Они уже уехали домой, повезли на далекую Кубу приобретенные знания и память о Днепре, о вековых платанах каховских, из-под которых там и сейчас всюду бьют, журчат ключи и стекают, прозрачные, в Днепр…
Будто было это все на другой планете: и выпускной вечер с вручением аттестатов, и крымское путешествие, и цветущая мальвами дорога на Каховку.

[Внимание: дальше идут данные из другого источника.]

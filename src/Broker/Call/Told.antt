-- ===== src/Broker/Call/Told.antt =====
-- src/broker.rs: what a call leaves on the ledger, for every way in which it ends.
use trunnion.Prelude.{
  ℕ, Bool, true, false, Text, codes, str_eq, Option, none, some, [], ◌∷◌, ◌++◌, ◌≡◌, refl, subst,
  ◌⊎◌, inl, inr,
}
use trunnion.Fault.{Fault, Result, ok, err, call_denied, call_held, credential_refused, call_failed}
use trunnion.Trial.{Trial, chain, give}
use trunnion.Json.{Json, Digest}
use trunnion.Keys.{Keys}
use trunnion.Event.{subject_hash}
use trunnion.Policy.Ladder.{Action, allow, deny, hold}
use trunnion.Secrets.{Substitution, substitute}
use trunnion.Runlog.{Core, append}
use trunnion.Runlog.Traces.{Items, Trace}
use trunnion.Broker.{Site, Run, emit_result, result_subject}
use trunnion.Broker.Grant.{usable_grant}
use trunnion.Broker.Steps.{give-step, if-step, record-step}
use trunnion.Broker.Call.Demotion.{demote-step}
use trunnion.Broker.Call.{
  BrokerResult, ExecResult, Pending, capability_of, credentials_of, finish, run_in_world, execute,
  execute_with, execute_allowed, refuse, release, use_subject, note_review, carry_out, is_review,
}

abbrev ends_well : {A : Type 0} → Result A → Bool
ends_well (err fault) = false
ends_well (ok a) = true

module _ (j : Json) (d : Digest) (keys : Keys) (site : Site j) where
  abbrev pub SiteCore : Type 0
  SiteCore = Core j d keys site.book site.clock

  abbrev pub SiteItems : Type 0
  SiteItems = Items j d keys site.book site.clock

  abbrev pub SiteTrace : SiteCore → SiteItems → SiteCore → Type 0
  SiteTrace = Trace j d keys site.book site.clock

  -- What stopped a call after these appends: the next one failed, or the tool gave a payload that has no
  -- canonical form.
  pub data Halts (tool target : Text) (first : SiteCore) (items : SiteItems)
      (after : Run j d keys site) (fault : Fault) : Type 0 where
    unwritten :
        (kind : Text) (subject : j.Value) (core : SiteCore)
        → SiteTrace first items core
        → append j d keys site.book site.clock kind subject core ≡ (after.core, err fault)
        → Halts tool target first items after fault
    unhashed :
        (s : Substitution) (before : site.World) (result : ExecResult j.Value)
        → SiteTrace first items after.core
        → execute j d keys site tool target s before ≡ (after.world, ok result)
        → subject_hash j d result.payload ≡ err fault
        → Halts tool target first items after fault

  -- At most one demotion or use of an approval.
  pub data Middle : SiteItems → Type 0 where
    nothing : Middle []
    demoted : (subject : j.Value) → Middle ((codes "rung.change", subject) ∷ [])
    used : (subject : j.Value) → Middle ((codes "approval.use", subject) ∷ [])

  -- The appends of the call are these items and then a result, whose outcome is "ok" exactly where the call
  -- ends well.
  pub record Ends (request_id : Text) (first : SiteCore) (items : SiteItems)
      (after : Run j d keys site) (result : Result BrokerResult) : Type 0 where
    pub outcome : Text
    pub result_hash : Option Text
    pub taint : Bool
    pub duration_ms : ℕ
    pub message : Option Text
    pub traced :
        SiteTrace first
          (items
            ++ (
              codes "tool.result",
              result_subject j d keys site request_id outcome result_hash taint duration_ms message,
            )
              ∷ [])
          after.core
    pub said : ends_well result ≡ str_eq outcome (codes "ok")

  module _ (tool target request_id : Text) where
    abbrev pub Told : SiteCore → SiteItems → Run j d keys site × Result BrokerResult → Type 0
    Told first items (after, result) =
        ((fault : Fault) × (result ≡ err fault) × Halts tool target first items after fault)
        ⊎ Ends request_id first items after result

    -- An append more at the beginning.
    pub Told-after :
        (kind : Text) (subject : j.Value) (first core : SiteCore) (id : Text) (items : SiteItems)
        (out : Run j d keys site × Result BrokerResult)
        → append j d keys site.book site.clock kind subject first ≡ (core, ok id)
        → Told core items out
        → Told first ((kind, subject) ∷ items) out
    Told-after kind subject first core id items (after, result) e (inl (fault, bad, halts)) =
        inl (fault, bad, later halts)
      where
        later :
            Halts tool target core items after fault
            → Halts tool target first ((kind, subject) ∷ items) after fault
        later (unwritten k s mid traced refused) = unwritten k s mid (core, id, e, traced) refused
        later (unhashed s before r traced ran failed) =
            unhashed s before r (core, id, e, traced) ran failed
    Told-after kind subject first core id items (after, result) e (inr end) = inr (record {
      outcome = end.outcome;
      result_hash = end.result_hash;
      taint = end.taint;
      duration_ms = end.duration_ms;
      message = end.message;
      traced = (core, id, e, end.traced);
      said = end.said;
    })

    -- A result, and then the end of the call.
    emit-Told :
        (outcome : Text) (result_hash : Option Text) (taint : Bool) (ms : ℕ) (message : Option Text)
        (ending : Text → Result BrokerResult) (run : Run j d keys site)
        → ((id : Text) → ends_well (ending id) ≡ str_eq outcome (codes "ok"))
        → Told run.core [] (
            chain
              (emit_result j d keys site request_id outcome result_hash taint ms message run)
              (λ id. give (ending id)))
    unfolding emit_result
    emit-Told outcome result_hash taint ms message ending run said =
        record-step j d keys site (Told run.core []) (codes "tool.result") subject
          (λ id. give (ending id)) run
          (λ core fault e.
            inl (fault, refl, unwritten (codes "tool.result") subject run.core refl e))
          (λ core id e. inr (record {
            outcome = outcome;
            result_hash = result_hash;
            taint = taint;
            duration_ms = ms;
            message = message;
            traced = (core, id, e, refl);
            said = said id;
          }))
      where
        subject : j.Value
        subject = result_subject j d keys site request_id outcome result_hash taint ms message

    finish-Told :
        (s : Substitution) (before : site.World) (ms : ℕ) (outcome : Result (ExecResult j.Value))
        (run : Run j d keys site)
        → execute j d keys site tool target s before ≡ (run.world, outcome)
        → Told run.core [] (finish j d keys site request_id tool target ms outcome run)
    unfolding finish str_eq
    finish-Told s before ms (err fault) run ran =
        emit-Told (codes "blocked") none false ms (some (site.fault_text fault))
          (λ _. err (call_failed tool target fault)) run (λ _. refl)
    finish-Told s before ms (ok result) run ran =
        give-step (Told run.core []) (subject_hash j d result.payload) _ run
          (λ fault e. inl (fault, refl, unhashed s before result refl ran e))
          (λ hash e.
            emit-Told (codes "ok") (some hash) true ms none
              (λ id. ok (record { content = result.content; taint = true; event_id = id })) run
              (λ _. refl))

    execute_with-Told :
        (substitution : Result Substitution) (run : Run j d keys site)
        → Told run.core [] (execute_with j d keys site request_id tool target substitution run)
    unfolding execute_with run_in_world str_eq
    execute_with-Told (err fault) run =
        emit-Told (codes "denied") none false 0 (some (site.fault_text fault))
          (λ _. err (credential_refused tool fault)) run (λ _. refl)
    execute_with-Told (ok s) run = in_world (execute j d keys site tool target s run.world) refl
      where
        in_world :
            (r : site.World × Result (ExecResult j.Value))
            → execute j d keys site tool target s run.world ≡ r
            → Told run.core [] (run_in_world j d keys site request_id tool target run r)
        in_world (world, outcome) ran =
            finish-Told s run.world (site.elapsed_ms run.world world) outcome
              (record run { world = world }) ran

    -- The end of a call, after one append in the middle or none.
    abbrev pub Finished : SiteCore → Run j d keys site × Result BrokerResult → Type 0
    Finished first out = (middle : SiteItems) × Middle middle × Told first middle out

  module _ (p : Pending j d keys site) where
    refuse-Finished :
        (run : Run j d keys site)
        → Finished p.tool p.target p.request_id run.core (refuse j d keys site p run)
    unfolding refuse str_eq
    refuse-Finished run =
        demote-step j d keys site run
          (λ t. Finished p.tool p.target p.request_id run.core (chain t (λ _. last)))
          ([], nothing, denied run)
          (λ subject core fault e. (
            [],
            nothing,
            inl (fault, refl, unwritten (codes "rung.change") subject run.core refl e),
          ))
          (λ subject core id e. (
            (codes "rung.change", subject) ∷ [],
            demoted subject,
            Told-after p.tool p.target p.request_id (codes "rung.change") subject run.core core id
                [] (last (record run { core = core })) e (denied (record run { core = core })),
          ))
          p.history p.decision.capability p.decision.rule
      where
        last : Trial (Run j d keys site) BrokerResult
        last s =
            chain
              (emit_result j d keys site p.request_id (codes "denied") none false 0
                p.decision.message s)
              (λ _. give (err (call_denied p.tool p.target p.decision.rule p.decision.message)))

        denied : (s : Run j d keys site) → Told p.tool p.target p.request_id s.core [] (last s)
        denied s =
            emit-Told p.tool p.target p.request_id (codes "denied") none false 0 p.decision.message
              (λ _. err (call_denied p.tool p.target p.decision.rule p.decision.message)) s
              (λ _. refl)

    allowed-Told :
        (run : Run j d keys site)
        → Told p.tool p.target p.request_id run.core []
            (execute_allowed j d keys site p.decision p.request_id p.tool p.target run)
    unfolding execute_allowed
    allowed-Told run =
        execute_with-Told p.tool p.target p.request_id
          (substitute site.upper run.credentials p.target
            (credentials_of (capability_of run.policy.capabilities p.decision.capability)))
          run

    release-Finished :
        (g : Option j.Value) (run : Run j d keys site)
        → Finished p.tool p.target p.request_id run.core (release j d keys site p g run)
    unfolding release str_eq
    release-Finished none run = (
      [],
      nothing,
      emit-Told p.tool p.target p.request_id (codes "blocked") none false 0 p.decision.message
          (λ _. err (call_held p.tool p.target p.decision.rule p.request_id p.decision.message)) run
          (λ _. refl),
    )
    release-Finished (some g) run =
        record-step j d keys site (Finished p.tool p.target p.request_id run.core)
          (codes "approval.use") subject
          (λ _. execute_allowed j d keys site p.decision p.request_id p.tool p.target) run
          (λ core fault e. (
            [],
            nothing,
            inl (fault, refl, unwritten (codes "approval.use") subject run.core refl e),
          ))
          (λ core id e. (
            (codes "approval.use", subject) ∷ [],
            used subject,
            Told-after p.tool p.target p.request_id (codes "approval.use") subject run.core core id
                []
                (execute_allowed j d keys site p.decision p.request_id p.tool p.target
                  (record run { core = core }))
                e (allowed-Told (record run { core = core })),
          ))
      where
        subject : j.Value
        subject = use_subject j d keys site p run.identity g

    note_review-core :
        (obligation : Option Text) (run : Run j d keys site)
        → (note_review j d keys site obligation run).core ≡ run.core
    unfolding note_review
    note_review-core obligation run =
        if-step (λ (s : Run j d keys site). s.core ≡ run.core) (is_review obligation) refl refl

    pub carry_out-Finished :
        (verdict : Action) (run : Run j d keys site)
        → Finished p.tool p.target p.request_id run.core (carry_out j d keys site p verdict run)
    unfolding carry_out
    carry_out-Finished deny run = refuse-Finished run
    carry_out-Finished hold run =
        release-Finished (usable_grant j run.policy p.history p.hash p.decision.rule) run
    carry_out-Finished allow run = (
      [],
      nothing,
      subst
          (λ c. Told p.tool p.target p.request_id c [] (
            execute_allowed j d keys site p.decision p.request_id p.tool p.target
              (note_review j d keys site p.decision.obligation run)))
          (note_review-core p.decision.obligation run)
          (allowed-Told (note_review j d keys site p.decision.obligation run)),
    )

Был тот мир широкий, раздольный, полный надежд, полный жизни, а теперь вот брошены они на угрюмый остров обреченности, будто к галере прикованы, железной, неподвижной. А ведь все могло быть иначе, могло их и не занести сюда, да и самое это судно-лом давно могло быть распилено на куски где-то в крымской бухте под Севастополем. Видели же они там во время экскурсии огромный крейсер, который газорезчики раскраивали на отдельные глыбы, на большие, а потом на меньшие, на такие, чтобы их можно было бросить в мартен. Словно кусок мыла, так легко на их глазах резали эту броню корабельную. Мощные краны подхватывали многотонный, только что раскромсанный лом, перебрасывали на берег, — там была его уже целая заваль, — а газорезчики в защитных очках висели по бортам да делали свое; струи света от них так и брызгали, и борта перекраивались, и ватерлиния горела под струями пылающего кислорода!